(Exercise requirements): In the data below, find every line with the word "same" and copy it out.

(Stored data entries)
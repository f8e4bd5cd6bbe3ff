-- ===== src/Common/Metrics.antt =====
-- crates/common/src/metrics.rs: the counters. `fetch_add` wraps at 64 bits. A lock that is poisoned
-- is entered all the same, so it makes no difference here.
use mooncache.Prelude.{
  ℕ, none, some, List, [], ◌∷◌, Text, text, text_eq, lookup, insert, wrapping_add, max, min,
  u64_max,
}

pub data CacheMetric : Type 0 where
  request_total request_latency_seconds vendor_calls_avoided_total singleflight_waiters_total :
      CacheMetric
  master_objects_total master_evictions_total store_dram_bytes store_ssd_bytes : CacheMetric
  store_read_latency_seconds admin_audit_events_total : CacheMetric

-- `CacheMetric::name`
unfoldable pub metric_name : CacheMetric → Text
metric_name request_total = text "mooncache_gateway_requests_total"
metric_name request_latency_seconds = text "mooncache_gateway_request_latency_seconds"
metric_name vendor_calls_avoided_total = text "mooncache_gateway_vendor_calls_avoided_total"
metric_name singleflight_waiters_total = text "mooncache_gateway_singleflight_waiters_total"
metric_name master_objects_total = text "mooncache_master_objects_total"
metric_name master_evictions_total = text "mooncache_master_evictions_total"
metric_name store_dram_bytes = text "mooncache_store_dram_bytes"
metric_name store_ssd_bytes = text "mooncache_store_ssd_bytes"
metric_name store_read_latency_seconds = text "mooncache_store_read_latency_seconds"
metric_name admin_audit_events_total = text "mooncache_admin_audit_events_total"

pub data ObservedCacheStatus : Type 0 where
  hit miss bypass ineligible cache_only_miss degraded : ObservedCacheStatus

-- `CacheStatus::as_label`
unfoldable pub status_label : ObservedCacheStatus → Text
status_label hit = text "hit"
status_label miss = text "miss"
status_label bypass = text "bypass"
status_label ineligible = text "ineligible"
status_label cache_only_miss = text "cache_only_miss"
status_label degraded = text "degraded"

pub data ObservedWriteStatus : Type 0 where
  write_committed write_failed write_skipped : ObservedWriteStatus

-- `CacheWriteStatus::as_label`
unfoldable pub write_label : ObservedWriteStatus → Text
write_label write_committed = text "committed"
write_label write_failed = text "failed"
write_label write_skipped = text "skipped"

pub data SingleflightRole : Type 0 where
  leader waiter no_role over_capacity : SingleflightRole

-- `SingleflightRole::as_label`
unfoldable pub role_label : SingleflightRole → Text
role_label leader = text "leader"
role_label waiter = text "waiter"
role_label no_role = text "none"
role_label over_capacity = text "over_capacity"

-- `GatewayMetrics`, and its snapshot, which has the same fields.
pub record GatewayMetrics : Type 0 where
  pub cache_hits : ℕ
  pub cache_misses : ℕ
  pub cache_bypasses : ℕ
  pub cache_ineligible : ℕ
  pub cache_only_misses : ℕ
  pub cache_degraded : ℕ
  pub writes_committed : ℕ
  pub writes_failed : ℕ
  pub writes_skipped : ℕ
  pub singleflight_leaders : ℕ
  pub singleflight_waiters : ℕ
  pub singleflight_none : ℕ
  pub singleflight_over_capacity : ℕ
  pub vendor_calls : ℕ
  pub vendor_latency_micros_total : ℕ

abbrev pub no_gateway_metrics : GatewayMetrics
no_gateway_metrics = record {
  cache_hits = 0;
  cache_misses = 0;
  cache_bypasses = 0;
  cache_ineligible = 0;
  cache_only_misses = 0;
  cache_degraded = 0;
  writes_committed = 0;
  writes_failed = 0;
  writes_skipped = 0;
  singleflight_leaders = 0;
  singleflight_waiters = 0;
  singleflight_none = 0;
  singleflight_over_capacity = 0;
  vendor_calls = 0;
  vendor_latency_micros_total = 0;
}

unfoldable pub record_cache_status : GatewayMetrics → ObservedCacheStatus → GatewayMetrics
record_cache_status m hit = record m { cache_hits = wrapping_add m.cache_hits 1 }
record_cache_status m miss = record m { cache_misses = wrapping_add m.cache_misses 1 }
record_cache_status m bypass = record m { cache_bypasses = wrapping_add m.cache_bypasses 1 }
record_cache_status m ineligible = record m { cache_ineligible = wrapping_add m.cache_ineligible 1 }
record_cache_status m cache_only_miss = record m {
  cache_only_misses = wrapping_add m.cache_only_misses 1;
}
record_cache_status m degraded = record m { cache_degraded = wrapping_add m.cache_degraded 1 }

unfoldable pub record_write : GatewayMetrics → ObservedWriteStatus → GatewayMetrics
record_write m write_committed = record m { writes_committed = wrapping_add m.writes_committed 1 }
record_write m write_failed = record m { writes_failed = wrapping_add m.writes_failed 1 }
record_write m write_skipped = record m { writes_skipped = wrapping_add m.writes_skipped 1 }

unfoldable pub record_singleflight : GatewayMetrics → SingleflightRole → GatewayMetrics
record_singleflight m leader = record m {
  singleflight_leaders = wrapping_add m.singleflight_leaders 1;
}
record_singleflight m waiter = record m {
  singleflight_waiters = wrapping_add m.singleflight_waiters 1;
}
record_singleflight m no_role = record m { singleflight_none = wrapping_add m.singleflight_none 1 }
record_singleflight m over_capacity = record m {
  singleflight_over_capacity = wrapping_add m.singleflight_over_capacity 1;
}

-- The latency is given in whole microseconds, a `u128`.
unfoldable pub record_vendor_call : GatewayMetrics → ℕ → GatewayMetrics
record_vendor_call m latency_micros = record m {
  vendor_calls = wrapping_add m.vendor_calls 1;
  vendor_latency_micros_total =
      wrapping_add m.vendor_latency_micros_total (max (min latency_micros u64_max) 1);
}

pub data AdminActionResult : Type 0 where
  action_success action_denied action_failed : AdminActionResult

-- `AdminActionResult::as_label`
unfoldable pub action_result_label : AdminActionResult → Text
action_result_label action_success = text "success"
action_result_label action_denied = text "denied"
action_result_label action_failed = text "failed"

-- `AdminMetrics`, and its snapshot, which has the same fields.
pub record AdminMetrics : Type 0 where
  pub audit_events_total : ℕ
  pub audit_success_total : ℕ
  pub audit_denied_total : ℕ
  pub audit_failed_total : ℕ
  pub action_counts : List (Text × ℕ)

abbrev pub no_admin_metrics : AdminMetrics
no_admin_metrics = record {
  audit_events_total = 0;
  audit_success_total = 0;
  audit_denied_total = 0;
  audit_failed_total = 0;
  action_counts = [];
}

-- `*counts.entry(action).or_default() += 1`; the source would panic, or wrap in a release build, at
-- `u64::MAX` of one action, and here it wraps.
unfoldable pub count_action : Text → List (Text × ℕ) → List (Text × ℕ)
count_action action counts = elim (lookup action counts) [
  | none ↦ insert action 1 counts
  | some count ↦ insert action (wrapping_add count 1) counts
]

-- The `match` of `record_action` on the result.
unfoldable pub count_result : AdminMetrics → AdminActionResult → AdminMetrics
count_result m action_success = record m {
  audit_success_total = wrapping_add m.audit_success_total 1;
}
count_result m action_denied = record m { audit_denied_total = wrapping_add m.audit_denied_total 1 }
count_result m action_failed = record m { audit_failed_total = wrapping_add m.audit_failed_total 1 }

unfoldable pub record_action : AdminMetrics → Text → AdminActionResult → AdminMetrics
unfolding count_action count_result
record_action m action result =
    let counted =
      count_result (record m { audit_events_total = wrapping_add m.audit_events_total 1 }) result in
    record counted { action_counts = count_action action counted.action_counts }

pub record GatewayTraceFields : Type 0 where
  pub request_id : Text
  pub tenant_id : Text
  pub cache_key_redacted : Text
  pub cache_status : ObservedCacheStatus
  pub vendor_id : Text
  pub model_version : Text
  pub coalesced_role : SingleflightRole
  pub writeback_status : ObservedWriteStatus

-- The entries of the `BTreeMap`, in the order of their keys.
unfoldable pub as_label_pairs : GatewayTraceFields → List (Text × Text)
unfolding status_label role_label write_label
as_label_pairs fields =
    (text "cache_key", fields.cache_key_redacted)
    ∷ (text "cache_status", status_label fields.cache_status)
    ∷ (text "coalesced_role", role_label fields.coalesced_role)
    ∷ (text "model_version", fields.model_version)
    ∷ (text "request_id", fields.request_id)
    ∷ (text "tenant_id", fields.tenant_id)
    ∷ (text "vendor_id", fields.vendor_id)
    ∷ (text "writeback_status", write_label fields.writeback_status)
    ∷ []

(Written response):
-- is entered all the same, so it makes no difference here.
-- `GatewayMetrics`, and its snapshot, which has the same fields.
-- `AdminMetrics`, and its snapshot, which has the same fields.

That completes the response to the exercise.